The following dimension tables are designed after discussing with Levi’s executives
1.TIME: for queries comparing sales by season, quarter or holiday
2.PRODUCT: for queries comparing sales by color or style
3.SHIP TO: for queries comparing sales by region or state.
4.PROMOTION: for queries aimed at determining the relationship between discounts and sales.
5.USER EXPERIENCE: for queries looked at returned versus exchanged versus accepted items
DATA WAREHOUSING IN
WORLD BANK
The world bank collects and maintains huge data of economic and developmental parameters for all the third
world countries across the globe.
The bank performed analysis on this huge data manually and later with limited tools for analysis.
The bank collects and analyzes macro economic financial statistics and also information on parameters such as poverty,
health, education, environment and public sector.
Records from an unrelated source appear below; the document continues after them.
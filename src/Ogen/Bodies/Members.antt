-- ===== src/Ogen/Bodies/Members.antt =====
-- What the Decode methods of internal/router/ogen/oas_json_gen.go read from the members of a document:
-- for each field, the last member with its key.
use ndbx.Prelude.{
  zero, suc, set, sym, ◌∙◌, ℕ, String, ◌==◌, Bool, true, false, ◌≡◌, refl, Option, none, some, List,
  [], ◌∷◌, All, inl, inr, if◌then◌else◌, get_elem?, arith, Option-cases,
}
use ndbx.Errors.{Err}
use ndbx.Exec.{Result, ok, Result-cases}
use ndbx.Ogen.Required.{Bits}
use ndbx.Ogen.Bodies.{Json, each_member}

-- k is one of the fields.
abbrev pub is_field : String → List String → Bool
is_field k [] = false
is_field k (name ∷ names) = if k == name then true else is_field k names

-- Setting a bit changes this bit only.
pub get_elem?-set :
    (bits : Bits) (i : ℕ) (b c : Bool)
    → get_elem? bits i ≡ some b
    → get_elem? (set bits i c) i ≡ some c
get_elem?-set [] i b c there = ground arith
get_elem?-set (x ∷ bits) zero b c there = refl
get_elem?-set (x ∷ bits) (suc i) b c there = get_elem?-set bits i b c there

pub get_elem?-set_other :
    (bits : Bits) (i j : ℕ) (c : Bool) → ¬ (i ≡ j) → get_elem? (set bits i c) j ≡ get_elem? bits j
get_elem?-set_other [] i j c apart = refl
get_elem?-set_other (x ∷ bits) zero zero c apart = absurd (apart refl)
get_elem?-set_other (x ∷ bits) zero (suc j) c apart = refl
get_elem?-set_other (x ∷ bits) (suc i) zero c apart = refl
get_elem?-set_other (x ∷ bits) (suc i) (suc j) c apart =
    get_elem?-set_other bits i j c (λ e. apart (rw e refl))

-- The two ways of a step, for a property of its result.
pub if-holds :
    {A : Type 0} (P : A → Type 0) (test : Bool) (a b : A)
    → (test ≡ true → P a)
    → (test ≡ false → P b)
    → P (if test then a else b)
if-holds P true a b then_holds else_holds = then_holds refl
if-holds P false a b then_holds else_holds = else_holds refl

-- The member of a field is a text, and any other can be skipped.
pub data IsReadable {V : Type 0} (json : Json V) (names : List String) (k : String) (v : V)
    : Type 0 where
  text_field :
      is_field k names ≡ true → (s : String) → json.str v ≡ ok s → IsReadable json names k v
  other_field :
      is_field k names ≡ false
      → (done : Unit {0}) → json.skip v ≡ ok done
      → IsReadable json names k v

module _ {V : Type 0} where
  -- The value of the last member with a key, or what is there before.
  abbrev pub latest : String → Option V → List (String × V) → Option V
  latest key before [] = before
  latest key before ((k, v) ∷ members) = latest key (if k == key then some v else before) members

  abbrev pub AllReadable : (String → V → Type 0) → List (String × V) → Type 0
  AllReadable Readable = All (λ (k, v). Readable k v)

  module _ (json : Json V) where
    -- A field holds the text of a value, and its bit is set, or it is empty and not set.
    abbrev pub Holds : Option V → String → Option Bool → Type 0
    Holds none s bit = (s ≡ "") × (bit ≡ some false)
    Holds (some v) s bit = (json.str v ≡ ok s) × (bit ≡ some true)

    -- The document has the field: its last member with the key is a text.
    abbrev pub Has : String → List (String × V) → String → Type 0
    Has key members s = (v : V) × (latest key none members ≡ some v) × (json.str v ≡ ok s)

    pub Holds-Has :
        (key : String) (members : List (String × V)) (s : String) (bit : Option Bool)
        → Holds (latest key none members) s bit
        → bit ≡ some true
        → Has key members s
    Holds-Has key members s bit holds there = elim (Option-cases (latest key none members)) [
      | inl missed ↦ ground arith
      | inr (v, found) ↦ (v, found, ground arith)
    ]

    pub Has-Holds :
        (key : String) (members : List (String × V)) (s t : String) (bit : Option Bool)
        → Has key members s
        → Holds (latest key none members) t bit
        → (t ≡ s) × (bit ≡ some true)
    Has-Holds key members s t bit (v, found, text) holds = ground arith

  module _ {S : Type 0} (step : S × Bits → String → V → Result Err (S × Bits))
      (Readable : String → V → Type 0) where
    each_member-cons :
        (st one : S × Bits) (k : String) (v : V) (members : List (String × V))
        (failure : Option Err)
        → step st k v ≡ ok one
        → each_member step st ((k, v) ∷ members) failure ≡ each_member step one members failure
    unfolding each_member
    each_member-cons st one k v members failure took = ground arith

    -- The step fails on no member that can be read, and on all others.
    pub record Reads : Type 0 where
      pub reads :
          (st : S × Bits) (k : String) (v : V)
          → Readable k v
          → (st' : S × Bits) × (step st k v ≡ ok st')
      pub readable : (st st' : S × Bits) (k : String) (v : V) → step st k v ≡ ok st' → Readable k v

    module _ (r : Reads) where
      pub each_member-ok :
          (st : S × Bits) (members : List (String × V))
          → AllReadable Readable members
          → (st' : S × Bits) × (each_member step st members none ≡ ok st')
      unfolding each_member
      each_member-ok st [] all = (st, refl)
      each_member-ok st ((k, v) ∷ members) (one, all) =
          let (st', took) = r.reads st k v one in
          let (st'', done) = each_member-ok st' members all in
          (st'', each_member-cons st st' k v members none took ∙ done)

      pub each_member-AllReadable :
          (st st' : S × Bits) (members : List (String × V)) (failure : Option Err)
          → each_member step st members failure ≡ ok st'
          → AllReadable Readable members × (failure ≡ none)
      unfolding each_member
      each_member-AllReadable st st' [] none done = (tt, refl)
      each_member-AllReadable st st' [] (some e) done = ground arith
      each_member-AllReadable st st' ((k, v) ∷ members) failure done =
          elim (Result-cases (step st k v)) [
            | inl (one, took) ↦
                let (all, ended) =
                  each_member-AllReadable one st' members failure
                    (sym (each_member-cons st one k v members failure took) ∙ done) in
                ((r.readable st one k v took, all), ended)
            | inr (e, failed) ↦ ground arith
          ]

    -- A field of the record, with its key and the index of its bit, that a step sets from the members
    -- with the key only.
    abbrev pub Follows : Json V → String → (S → String) → ℕ → Type 0
    Follows json key field i =
        (st st' : S × Bits) (k : String) (v : V) (before : Option V)
        → step st k v ≡ ok st'
        → Holds json before (field st.0) (get_elem? st.1 i)
        → Holds json (if k == key then some v else before) (field st'.0) (get_elem? st'.1 i)

    pub each_member-Holds :
        (json : Json V) (key : String) (field : S → String) (i : ℕ)
        → Follows json key field i
        → (st st' : S × Bits) (members : List (String × V)) (failure : Option Err)
          (before : Option V)
        → each_member step st members failure ≡ ok st'
        → Holds json before (field st.0) (get_elem? st.1 i)
        → Holds json (latest key before members) (field st'.0) (get_elem? st'.1 i)
    unfolding each_member
    each_member-Holds json key field i follows st st' [] none before done holds = ground arith
    each_member-Holds json key field i follows st st' [] (some e) before done holds = ground arith
    each_member-Holds json key field i follows st st' ((k, v) ∷ members) failure before done holds =
        elim (Result-cases (step st k v)) [
          | inl (one, took) ↦
              each_member-Holds json key field i follows one st' members failure _
                (sym (each_member-cons st one k v members failure took) ∙ done)
                (follows st one k v before took holds)
          | inr (e, failed) ↦ ground arith
        ]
THE LIVE DATABASE DATA WAREHOUSE
The OLAP cubes were defined for this database using OLAP server module of SQL server 2000.
Universal access was provided for this data warehouse was called live database
BENEFITS OF THE SECOND-GENERATION LDB DATA WAREHOUSE
the first generation LDB data warehouse had certain limitations. Therefore the second generation ODB
datawaregouse was built using SQL server 2000 analysis server along with proclarity of knosys corporation,
The package offered direct user functionality which was otherwise requires technical intervention by a programmer.
Proclarity also provides web enablement, thereby ensuring universal accessibility.
It results in significant cost savings by reducing the time and effort required to prepare a large variety of reports to suit
varying needs of the economists and other governmental decision makers to aid effective and better economic planning.